#### Work request:
In the listing below, find the line containing "approval_requested approval_id presentation.tool_call_id" and the line containing "presentation.resources presentation.decisions)". Repeat exactly those two lines and every line between them, nothing more.

______

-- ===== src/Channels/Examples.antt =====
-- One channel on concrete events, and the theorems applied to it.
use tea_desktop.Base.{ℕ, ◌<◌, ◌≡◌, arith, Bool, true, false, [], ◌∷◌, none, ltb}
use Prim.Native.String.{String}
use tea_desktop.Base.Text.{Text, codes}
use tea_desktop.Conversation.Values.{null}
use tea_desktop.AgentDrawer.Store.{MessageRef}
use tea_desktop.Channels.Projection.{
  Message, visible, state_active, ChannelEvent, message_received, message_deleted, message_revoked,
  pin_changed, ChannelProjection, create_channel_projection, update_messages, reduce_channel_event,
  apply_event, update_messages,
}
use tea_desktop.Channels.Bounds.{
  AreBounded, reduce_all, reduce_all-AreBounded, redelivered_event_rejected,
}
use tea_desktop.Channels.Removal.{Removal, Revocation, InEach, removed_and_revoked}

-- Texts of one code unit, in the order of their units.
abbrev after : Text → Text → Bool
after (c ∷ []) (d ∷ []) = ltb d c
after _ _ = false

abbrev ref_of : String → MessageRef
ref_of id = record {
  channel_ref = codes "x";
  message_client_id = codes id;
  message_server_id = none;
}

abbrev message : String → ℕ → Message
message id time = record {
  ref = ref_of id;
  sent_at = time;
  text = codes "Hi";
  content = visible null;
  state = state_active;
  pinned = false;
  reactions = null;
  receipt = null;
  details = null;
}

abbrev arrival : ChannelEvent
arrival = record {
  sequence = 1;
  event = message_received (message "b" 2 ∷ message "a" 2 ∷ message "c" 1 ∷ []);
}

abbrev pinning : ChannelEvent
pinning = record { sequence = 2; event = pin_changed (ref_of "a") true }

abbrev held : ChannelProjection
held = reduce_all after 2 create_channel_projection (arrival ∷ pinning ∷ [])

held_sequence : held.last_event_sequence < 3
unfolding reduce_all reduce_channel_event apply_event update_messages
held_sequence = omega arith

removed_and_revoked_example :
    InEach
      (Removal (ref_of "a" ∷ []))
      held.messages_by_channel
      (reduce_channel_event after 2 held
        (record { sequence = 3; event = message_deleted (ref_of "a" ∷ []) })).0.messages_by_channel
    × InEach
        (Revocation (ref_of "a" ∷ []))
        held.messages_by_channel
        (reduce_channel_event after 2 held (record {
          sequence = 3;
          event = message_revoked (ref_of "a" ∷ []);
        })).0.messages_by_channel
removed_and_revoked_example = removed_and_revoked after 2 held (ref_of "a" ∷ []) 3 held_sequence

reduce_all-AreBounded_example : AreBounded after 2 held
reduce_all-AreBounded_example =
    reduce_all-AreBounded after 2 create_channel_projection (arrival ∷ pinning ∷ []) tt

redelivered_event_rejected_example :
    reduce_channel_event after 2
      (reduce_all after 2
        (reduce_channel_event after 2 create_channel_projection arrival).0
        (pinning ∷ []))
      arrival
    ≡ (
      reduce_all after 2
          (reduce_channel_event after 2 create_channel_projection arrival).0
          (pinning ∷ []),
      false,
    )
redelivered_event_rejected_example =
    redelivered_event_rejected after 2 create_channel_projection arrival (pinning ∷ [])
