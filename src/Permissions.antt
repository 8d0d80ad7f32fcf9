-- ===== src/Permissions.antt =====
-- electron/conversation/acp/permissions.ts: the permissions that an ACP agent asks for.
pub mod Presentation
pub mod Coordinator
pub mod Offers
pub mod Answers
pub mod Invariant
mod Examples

______

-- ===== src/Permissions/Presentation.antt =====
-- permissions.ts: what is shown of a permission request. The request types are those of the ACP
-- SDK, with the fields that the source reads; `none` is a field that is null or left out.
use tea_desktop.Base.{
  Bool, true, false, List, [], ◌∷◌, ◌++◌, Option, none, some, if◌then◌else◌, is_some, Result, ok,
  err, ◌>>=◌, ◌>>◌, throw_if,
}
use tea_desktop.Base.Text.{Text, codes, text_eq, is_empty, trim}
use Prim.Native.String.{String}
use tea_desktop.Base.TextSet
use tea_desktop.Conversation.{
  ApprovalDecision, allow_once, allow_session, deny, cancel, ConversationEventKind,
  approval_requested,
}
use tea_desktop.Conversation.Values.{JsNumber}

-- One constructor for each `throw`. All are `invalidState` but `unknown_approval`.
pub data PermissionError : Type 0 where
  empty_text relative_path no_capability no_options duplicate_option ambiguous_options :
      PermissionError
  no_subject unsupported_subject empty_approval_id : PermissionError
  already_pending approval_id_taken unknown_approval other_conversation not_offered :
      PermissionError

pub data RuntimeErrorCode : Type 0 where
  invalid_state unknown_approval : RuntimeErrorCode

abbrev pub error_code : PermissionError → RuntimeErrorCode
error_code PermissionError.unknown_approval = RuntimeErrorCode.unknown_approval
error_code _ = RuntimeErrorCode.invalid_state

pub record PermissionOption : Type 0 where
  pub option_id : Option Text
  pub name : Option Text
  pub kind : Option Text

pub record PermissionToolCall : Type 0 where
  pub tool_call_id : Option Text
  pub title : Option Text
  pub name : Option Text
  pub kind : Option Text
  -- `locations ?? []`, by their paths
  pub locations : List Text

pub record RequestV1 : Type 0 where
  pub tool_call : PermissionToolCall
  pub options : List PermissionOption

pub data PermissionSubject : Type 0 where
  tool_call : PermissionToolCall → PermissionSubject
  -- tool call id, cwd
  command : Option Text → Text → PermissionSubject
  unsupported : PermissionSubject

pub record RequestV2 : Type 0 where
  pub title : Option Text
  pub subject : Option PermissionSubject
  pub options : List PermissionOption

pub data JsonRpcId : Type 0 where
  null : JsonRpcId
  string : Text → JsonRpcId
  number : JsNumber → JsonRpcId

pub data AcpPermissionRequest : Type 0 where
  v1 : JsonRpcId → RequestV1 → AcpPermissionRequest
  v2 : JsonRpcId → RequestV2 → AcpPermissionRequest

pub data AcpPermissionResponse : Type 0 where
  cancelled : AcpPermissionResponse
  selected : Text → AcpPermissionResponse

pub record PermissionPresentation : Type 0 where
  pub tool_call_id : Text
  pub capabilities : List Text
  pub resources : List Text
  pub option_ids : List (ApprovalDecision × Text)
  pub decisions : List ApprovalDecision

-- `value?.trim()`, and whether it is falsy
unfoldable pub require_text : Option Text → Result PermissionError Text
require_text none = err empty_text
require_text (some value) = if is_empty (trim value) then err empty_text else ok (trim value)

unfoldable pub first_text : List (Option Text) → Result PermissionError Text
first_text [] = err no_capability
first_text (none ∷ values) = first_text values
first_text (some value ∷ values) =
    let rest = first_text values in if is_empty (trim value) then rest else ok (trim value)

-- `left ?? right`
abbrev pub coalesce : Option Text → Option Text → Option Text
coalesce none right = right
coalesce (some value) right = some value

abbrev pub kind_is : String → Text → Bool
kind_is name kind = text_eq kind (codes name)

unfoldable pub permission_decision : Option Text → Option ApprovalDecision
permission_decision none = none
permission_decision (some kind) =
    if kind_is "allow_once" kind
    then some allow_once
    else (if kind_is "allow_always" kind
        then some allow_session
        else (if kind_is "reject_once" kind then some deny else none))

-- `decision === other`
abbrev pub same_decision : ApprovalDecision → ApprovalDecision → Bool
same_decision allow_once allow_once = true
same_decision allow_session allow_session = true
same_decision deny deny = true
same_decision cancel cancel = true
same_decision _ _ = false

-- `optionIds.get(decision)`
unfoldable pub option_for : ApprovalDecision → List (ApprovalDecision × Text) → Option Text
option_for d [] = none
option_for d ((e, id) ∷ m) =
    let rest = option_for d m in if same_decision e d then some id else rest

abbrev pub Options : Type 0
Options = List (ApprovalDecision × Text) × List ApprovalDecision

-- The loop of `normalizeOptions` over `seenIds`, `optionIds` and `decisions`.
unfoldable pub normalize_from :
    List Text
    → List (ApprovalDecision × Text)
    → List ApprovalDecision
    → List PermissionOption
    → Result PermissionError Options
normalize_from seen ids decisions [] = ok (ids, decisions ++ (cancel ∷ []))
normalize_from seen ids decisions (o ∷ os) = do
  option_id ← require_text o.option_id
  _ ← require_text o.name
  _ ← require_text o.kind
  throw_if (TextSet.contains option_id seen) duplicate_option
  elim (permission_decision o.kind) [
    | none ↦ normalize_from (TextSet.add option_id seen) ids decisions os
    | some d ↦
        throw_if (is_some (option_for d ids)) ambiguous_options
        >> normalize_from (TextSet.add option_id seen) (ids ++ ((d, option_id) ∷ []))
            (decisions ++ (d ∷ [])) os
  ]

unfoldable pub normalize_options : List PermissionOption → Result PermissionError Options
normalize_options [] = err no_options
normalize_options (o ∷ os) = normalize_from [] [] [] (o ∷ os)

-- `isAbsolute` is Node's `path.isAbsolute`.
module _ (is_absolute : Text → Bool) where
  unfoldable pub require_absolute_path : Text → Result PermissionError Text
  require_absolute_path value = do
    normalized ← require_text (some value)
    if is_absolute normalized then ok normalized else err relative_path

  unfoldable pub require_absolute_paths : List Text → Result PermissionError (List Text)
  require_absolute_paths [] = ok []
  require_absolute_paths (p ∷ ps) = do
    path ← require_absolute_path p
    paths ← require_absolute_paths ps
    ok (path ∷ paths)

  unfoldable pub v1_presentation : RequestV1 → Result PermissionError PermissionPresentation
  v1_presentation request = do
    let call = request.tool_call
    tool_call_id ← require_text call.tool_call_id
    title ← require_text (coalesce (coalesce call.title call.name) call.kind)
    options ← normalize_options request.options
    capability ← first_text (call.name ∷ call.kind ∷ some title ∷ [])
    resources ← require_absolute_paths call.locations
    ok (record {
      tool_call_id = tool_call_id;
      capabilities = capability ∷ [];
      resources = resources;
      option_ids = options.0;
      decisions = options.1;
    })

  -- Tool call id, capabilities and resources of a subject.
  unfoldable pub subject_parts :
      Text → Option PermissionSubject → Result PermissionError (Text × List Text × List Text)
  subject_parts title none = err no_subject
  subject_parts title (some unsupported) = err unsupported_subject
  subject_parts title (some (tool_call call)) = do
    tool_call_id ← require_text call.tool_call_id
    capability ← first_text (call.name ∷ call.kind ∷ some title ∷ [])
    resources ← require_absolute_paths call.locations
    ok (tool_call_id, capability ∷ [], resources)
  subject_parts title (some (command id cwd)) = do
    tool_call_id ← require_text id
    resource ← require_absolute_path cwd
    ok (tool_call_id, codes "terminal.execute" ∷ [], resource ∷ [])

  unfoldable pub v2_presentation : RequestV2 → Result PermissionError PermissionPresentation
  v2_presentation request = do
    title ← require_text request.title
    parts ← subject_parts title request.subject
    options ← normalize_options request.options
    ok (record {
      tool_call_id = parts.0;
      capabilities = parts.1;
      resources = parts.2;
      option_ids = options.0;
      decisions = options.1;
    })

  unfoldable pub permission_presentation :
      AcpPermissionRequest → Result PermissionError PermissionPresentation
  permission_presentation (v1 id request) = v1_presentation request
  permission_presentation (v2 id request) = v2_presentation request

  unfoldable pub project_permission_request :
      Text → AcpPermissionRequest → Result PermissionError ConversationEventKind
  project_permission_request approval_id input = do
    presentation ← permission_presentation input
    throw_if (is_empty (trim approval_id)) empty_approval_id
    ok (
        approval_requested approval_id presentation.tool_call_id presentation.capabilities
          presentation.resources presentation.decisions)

______

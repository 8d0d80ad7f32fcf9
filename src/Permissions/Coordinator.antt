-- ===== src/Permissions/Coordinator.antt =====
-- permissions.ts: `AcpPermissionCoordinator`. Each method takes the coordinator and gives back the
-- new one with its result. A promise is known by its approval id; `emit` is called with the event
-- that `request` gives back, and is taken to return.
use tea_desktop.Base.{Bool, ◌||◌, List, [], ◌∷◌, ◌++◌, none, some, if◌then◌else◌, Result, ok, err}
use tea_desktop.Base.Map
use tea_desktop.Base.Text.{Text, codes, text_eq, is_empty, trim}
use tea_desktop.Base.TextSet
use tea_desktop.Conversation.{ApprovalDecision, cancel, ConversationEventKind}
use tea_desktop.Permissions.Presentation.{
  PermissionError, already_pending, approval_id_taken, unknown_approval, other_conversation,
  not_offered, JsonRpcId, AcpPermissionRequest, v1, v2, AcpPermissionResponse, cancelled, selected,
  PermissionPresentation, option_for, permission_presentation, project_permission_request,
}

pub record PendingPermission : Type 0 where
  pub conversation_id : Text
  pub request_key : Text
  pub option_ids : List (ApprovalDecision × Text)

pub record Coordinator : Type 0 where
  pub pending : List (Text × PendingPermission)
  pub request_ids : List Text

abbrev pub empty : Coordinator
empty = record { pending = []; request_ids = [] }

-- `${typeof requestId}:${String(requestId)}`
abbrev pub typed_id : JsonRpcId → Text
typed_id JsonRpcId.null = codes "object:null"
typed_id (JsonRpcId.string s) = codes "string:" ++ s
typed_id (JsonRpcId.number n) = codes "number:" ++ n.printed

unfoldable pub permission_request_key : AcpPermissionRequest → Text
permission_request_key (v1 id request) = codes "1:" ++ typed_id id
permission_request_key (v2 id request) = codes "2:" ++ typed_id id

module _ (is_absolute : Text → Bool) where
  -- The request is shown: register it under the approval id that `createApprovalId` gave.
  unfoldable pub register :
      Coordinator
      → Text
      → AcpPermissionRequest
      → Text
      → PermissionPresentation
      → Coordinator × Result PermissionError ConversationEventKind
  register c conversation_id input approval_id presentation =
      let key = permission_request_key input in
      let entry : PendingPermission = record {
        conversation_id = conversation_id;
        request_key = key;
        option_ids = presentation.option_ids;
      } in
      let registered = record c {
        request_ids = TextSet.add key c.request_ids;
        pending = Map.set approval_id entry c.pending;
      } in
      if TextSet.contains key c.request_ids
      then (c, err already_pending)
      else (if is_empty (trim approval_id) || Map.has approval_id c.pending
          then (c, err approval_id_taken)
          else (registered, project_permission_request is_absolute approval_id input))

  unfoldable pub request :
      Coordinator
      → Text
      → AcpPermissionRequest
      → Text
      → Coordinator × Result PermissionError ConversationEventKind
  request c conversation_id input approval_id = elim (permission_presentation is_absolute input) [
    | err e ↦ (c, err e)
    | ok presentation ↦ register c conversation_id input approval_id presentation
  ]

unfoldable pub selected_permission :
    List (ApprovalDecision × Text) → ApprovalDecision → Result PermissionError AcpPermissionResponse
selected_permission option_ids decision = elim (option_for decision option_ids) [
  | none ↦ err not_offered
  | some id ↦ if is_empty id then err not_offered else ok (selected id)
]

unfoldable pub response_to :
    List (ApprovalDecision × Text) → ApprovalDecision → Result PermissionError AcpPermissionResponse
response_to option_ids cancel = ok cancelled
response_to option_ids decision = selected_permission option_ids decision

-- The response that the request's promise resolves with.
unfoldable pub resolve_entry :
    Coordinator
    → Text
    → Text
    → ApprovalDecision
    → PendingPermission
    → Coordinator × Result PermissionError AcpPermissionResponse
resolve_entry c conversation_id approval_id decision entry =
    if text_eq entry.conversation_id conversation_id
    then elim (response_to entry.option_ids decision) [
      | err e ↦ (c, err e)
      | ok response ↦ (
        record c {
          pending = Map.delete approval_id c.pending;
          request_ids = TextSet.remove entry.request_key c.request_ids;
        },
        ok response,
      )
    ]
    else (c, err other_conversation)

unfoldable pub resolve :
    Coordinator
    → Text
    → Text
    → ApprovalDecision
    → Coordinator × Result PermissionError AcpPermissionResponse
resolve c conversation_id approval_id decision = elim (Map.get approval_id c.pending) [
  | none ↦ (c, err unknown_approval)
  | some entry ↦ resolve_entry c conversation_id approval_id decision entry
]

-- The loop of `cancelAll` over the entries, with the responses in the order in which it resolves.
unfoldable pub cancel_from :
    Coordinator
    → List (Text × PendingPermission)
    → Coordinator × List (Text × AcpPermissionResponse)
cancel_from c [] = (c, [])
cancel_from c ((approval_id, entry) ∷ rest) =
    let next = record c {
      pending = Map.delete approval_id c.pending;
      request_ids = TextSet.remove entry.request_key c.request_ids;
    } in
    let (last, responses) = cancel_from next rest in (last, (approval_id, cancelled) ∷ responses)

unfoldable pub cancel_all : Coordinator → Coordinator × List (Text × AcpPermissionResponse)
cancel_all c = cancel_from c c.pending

______

#### Result of this task:
        approval_requested approval_id presentation.tool_call_id presentation.capabilities
          presentation.resources presentation.decisions)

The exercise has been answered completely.